◆ **REQUIREMENT**: Count how many lines in the entries below hold "concurrency". Only the number belongs in the answer.

◆ **EXTRACTED DATA**:
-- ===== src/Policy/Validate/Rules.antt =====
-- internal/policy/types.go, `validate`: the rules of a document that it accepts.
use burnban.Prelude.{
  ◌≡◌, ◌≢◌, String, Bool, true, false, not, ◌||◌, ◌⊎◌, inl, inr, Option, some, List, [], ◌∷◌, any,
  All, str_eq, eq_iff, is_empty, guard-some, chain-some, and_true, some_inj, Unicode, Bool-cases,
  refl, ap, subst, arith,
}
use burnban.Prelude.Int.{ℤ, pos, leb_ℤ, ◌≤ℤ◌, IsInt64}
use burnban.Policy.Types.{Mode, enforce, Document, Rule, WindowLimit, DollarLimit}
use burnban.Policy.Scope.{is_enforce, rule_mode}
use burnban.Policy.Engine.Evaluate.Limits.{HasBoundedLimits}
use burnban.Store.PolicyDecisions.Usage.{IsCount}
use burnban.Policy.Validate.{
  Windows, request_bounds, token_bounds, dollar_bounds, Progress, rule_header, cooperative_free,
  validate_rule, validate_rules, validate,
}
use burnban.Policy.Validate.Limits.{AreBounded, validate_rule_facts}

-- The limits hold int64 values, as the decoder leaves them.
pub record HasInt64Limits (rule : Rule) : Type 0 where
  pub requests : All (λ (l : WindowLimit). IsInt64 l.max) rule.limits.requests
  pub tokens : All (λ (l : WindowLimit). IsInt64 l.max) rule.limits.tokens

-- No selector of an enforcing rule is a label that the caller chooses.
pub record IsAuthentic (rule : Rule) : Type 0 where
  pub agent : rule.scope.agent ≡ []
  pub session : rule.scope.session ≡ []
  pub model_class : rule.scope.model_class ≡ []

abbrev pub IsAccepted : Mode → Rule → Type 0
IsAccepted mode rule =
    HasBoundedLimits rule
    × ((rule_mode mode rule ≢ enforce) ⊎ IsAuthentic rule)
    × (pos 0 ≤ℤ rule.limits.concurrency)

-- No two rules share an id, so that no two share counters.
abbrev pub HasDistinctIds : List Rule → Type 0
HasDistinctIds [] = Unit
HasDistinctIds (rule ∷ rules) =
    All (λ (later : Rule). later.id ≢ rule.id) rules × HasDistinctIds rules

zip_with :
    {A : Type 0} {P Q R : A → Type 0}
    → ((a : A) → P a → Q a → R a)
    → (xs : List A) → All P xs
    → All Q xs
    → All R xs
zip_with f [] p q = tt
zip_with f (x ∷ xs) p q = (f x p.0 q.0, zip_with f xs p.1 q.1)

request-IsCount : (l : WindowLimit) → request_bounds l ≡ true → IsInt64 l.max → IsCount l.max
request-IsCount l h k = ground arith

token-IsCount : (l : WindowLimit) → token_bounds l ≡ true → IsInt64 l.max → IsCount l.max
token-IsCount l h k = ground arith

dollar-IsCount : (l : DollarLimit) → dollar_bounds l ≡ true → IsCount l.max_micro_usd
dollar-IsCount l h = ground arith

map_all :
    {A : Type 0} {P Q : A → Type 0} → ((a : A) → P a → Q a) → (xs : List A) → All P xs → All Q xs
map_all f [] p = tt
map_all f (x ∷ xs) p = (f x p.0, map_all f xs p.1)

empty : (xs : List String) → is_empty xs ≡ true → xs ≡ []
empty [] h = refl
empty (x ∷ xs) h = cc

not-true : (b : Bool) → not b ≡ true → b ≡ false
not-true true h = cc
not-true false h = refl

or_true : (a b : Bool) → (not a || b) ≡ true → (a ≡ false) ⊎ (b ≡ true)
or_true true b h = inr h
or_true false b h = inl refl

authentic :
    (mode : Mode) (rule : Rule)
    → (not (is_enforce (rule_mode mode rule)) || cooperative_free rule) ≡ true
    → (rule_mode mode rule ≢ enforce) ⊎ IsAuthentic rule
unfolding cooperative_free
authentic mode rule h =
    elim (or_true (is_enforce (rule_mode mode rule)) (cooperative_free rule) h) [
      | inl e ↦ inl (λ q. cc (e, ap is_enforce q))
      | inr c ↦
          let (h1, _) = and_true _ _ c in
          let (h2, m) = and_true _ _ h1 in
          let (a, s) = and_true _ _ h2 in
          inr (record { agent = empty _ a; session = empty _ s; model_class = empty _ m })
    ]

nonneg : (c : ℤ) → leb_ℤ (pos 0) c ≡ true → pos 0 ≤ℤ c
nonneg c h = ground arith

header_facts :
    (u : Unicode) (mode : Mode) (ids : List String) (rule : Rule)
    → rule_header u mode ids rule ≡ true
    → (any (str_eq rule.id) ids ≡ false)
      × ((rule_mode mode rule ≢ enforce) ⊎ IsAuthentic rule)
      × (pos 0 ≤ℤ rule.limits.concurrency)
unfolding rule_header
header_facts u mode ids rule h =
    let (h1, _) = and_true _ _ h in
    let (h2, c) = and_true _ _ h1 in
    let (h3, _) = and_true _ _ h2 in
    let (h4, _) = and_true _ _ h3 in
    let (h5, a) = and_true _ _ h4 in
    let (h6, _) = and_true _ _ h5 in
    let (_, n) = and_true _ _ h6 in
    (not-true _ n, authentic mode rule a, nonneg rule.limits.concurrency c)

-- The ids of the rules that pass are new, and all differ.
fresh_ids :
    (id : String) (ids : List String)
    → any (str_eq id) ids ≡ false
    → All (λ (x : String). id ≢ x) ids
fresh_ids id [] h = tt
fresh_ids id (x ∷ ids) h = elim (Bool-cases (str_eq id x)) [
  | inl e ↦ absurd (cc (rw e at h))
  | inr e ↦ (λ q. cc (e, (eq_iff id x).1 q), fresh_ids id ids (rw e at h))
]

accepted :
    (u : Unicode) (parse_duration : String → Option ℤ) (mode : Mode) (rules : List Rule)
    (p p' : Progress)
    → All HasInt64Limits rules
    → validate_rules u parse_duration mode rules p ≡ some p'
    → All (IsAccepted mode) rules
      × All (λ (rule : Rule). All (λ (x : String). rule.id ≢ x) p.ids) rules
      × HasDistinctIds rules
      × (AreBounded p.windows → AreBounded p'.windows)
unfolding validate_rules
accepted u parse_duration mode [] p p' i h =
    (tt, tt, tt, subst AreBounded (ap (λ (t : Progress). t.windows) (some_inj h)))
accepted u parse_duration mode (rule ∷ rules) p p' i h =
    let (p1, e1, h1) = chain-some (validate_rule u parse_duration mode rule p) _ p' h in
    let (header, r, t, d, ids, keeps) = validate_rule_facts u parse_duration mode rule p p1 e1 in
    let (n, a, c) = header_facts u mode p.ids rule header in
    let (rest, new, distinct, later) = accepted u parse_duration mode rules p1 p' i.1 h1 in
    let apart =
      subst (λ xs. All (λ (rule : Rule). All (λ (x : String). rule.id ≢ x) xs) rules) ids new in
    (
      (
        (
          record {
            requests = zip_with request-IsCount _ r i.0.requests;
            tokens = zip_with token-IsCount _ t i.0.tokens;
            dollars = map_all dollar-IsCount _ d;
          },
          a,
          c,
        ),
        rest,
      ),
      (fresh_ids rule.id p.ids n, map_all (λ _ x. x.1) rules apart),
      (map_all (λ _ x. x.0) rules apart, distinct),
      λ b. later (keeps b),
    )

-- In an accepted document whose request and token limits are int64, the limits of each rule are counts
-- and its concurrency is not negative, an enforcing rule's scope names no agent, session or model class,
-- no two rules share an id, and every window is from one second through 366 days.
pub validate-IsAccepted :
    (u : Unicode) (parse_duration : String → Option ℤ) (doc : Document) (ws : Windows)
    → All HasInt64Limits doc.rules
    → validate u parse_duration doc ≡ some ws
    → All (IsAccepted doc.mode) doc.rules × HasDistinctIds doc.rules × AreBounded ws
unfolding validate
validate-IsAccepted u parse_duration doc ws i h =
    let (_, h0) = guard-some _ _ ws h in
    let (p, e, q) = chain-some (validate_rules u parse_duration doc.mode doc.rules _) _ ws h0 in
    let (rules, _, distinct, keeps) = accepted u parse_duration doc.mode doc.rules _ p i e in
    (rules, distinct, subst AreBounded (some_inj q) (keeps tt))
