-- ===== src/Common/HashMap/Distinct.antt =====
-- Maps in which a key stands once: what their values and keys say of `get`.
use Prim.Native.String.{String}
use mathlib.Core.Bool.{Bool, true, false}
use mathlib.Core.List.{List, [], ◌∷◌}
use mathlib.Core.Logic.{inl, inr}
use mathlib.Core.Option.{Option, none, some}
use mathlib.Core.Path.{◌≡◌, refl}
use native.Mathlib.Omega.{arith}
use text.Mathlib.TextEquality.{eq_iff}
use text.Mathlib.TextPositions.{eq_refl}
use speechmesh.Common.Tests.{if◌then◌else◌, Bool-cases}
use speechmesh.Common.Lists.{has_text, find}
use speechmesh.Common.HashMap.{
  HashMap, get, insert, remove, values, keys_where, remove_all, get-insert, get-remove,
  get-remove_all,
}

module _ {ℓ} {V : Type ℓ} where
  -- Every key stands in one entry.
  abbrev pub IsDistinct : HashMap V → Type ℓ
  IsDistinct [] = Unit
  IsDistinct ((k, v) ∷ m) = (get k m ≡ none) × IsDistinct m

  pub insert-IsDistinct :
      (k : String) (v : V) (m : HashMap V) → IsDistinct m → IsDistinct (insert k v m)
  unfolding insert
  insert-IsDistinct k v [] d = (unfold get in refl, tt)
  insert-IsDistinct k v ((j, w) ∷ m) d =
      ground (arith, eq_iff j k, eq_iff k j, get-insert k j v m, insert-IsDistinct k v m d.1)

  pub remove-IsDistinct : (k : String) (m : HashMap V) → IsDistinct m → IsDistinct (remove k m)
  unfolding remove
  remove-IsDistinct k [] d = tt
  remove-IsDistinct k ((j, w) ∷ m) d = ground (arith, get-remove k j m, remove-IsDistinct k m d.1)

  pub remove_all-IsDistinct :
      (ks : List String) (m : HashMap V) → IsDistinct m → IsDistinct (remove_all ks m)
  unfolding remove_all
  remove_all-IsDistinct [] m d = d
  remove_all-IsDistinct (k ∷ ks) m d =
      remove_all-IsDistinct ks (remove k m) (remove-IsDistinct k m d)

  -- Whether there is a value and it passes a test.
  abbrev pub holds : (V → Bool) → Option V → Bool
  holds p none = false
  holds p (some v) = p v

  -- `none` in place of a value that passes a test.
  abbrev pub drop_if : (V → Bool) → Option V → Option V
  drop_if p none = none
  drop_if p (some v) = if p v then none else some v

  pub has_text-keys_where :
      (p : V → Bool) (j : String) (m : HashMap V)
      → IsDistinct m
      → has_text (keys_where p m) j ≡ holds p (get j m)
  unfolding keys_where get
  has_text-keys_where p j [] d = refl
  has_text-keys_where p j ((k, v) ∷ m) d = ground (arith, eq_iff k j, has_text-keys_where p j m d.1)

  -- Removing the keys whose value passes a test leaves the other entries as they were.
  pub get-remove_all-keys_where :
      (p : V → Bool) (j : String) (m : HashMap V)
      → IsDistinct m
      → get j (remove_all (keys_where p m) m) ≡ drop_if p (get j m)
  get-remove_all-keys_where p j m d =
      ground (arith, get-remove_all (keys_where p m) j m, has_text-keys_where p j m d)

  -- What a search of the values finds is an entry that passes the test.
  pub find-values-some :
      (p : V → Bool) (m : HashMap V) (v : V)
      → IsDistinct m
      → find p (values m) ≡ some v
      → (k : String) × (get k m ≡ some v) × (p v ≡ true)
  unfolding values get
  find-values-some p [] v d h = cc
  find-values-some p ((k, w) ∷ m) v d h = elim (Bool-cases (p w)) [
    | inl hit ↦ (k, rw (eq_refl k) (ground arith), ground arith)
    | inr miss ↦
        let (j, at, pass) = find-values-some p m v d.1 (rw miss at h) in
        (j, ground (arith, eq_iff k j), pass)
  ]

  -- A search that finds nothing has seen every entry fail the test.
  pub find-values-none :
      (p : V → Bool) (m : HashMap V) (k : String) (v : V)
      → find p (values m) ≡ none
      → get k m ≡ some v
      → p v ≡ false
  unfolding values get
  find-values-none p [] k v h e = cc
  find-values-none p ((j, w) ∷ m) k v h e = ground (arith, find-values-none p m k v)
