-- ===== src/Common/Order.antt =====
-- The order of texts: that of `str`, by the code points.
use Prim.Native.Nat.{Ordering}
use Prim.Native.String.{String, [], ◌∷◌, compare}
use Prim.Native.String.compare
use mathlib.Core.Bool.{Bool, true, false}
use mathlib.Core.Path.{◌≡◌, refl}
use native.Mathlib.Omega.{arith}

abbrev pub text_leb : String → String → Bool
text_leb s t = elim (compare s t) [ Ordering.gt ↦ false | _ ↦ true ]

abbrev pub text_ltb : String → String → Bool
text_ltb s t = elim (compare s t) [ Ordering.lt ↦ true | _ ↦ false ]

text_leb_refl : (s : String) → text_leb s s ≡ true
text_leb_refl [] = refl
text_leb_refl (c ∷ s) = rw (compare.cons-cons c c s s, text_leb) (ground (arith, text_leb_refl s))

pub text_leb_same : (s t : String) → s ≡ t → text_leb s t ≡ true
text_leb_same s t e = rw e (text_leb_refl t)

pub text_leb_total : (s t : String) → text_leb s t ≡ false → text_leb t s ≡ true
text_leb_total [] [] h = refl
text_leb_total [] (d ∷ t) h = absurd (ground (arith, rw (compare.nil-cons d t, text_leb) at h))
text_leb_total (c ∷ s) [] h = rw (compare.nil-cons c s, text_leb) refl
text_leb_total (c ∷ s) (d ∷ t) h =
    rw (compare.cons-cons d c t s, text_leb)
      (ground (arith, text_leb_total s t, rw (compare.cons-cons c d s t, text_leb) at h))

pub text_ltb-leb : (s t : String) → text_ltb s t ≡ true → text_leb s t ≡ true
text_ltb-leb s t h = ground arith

◆ **EXERCISE OUTPUT**: 4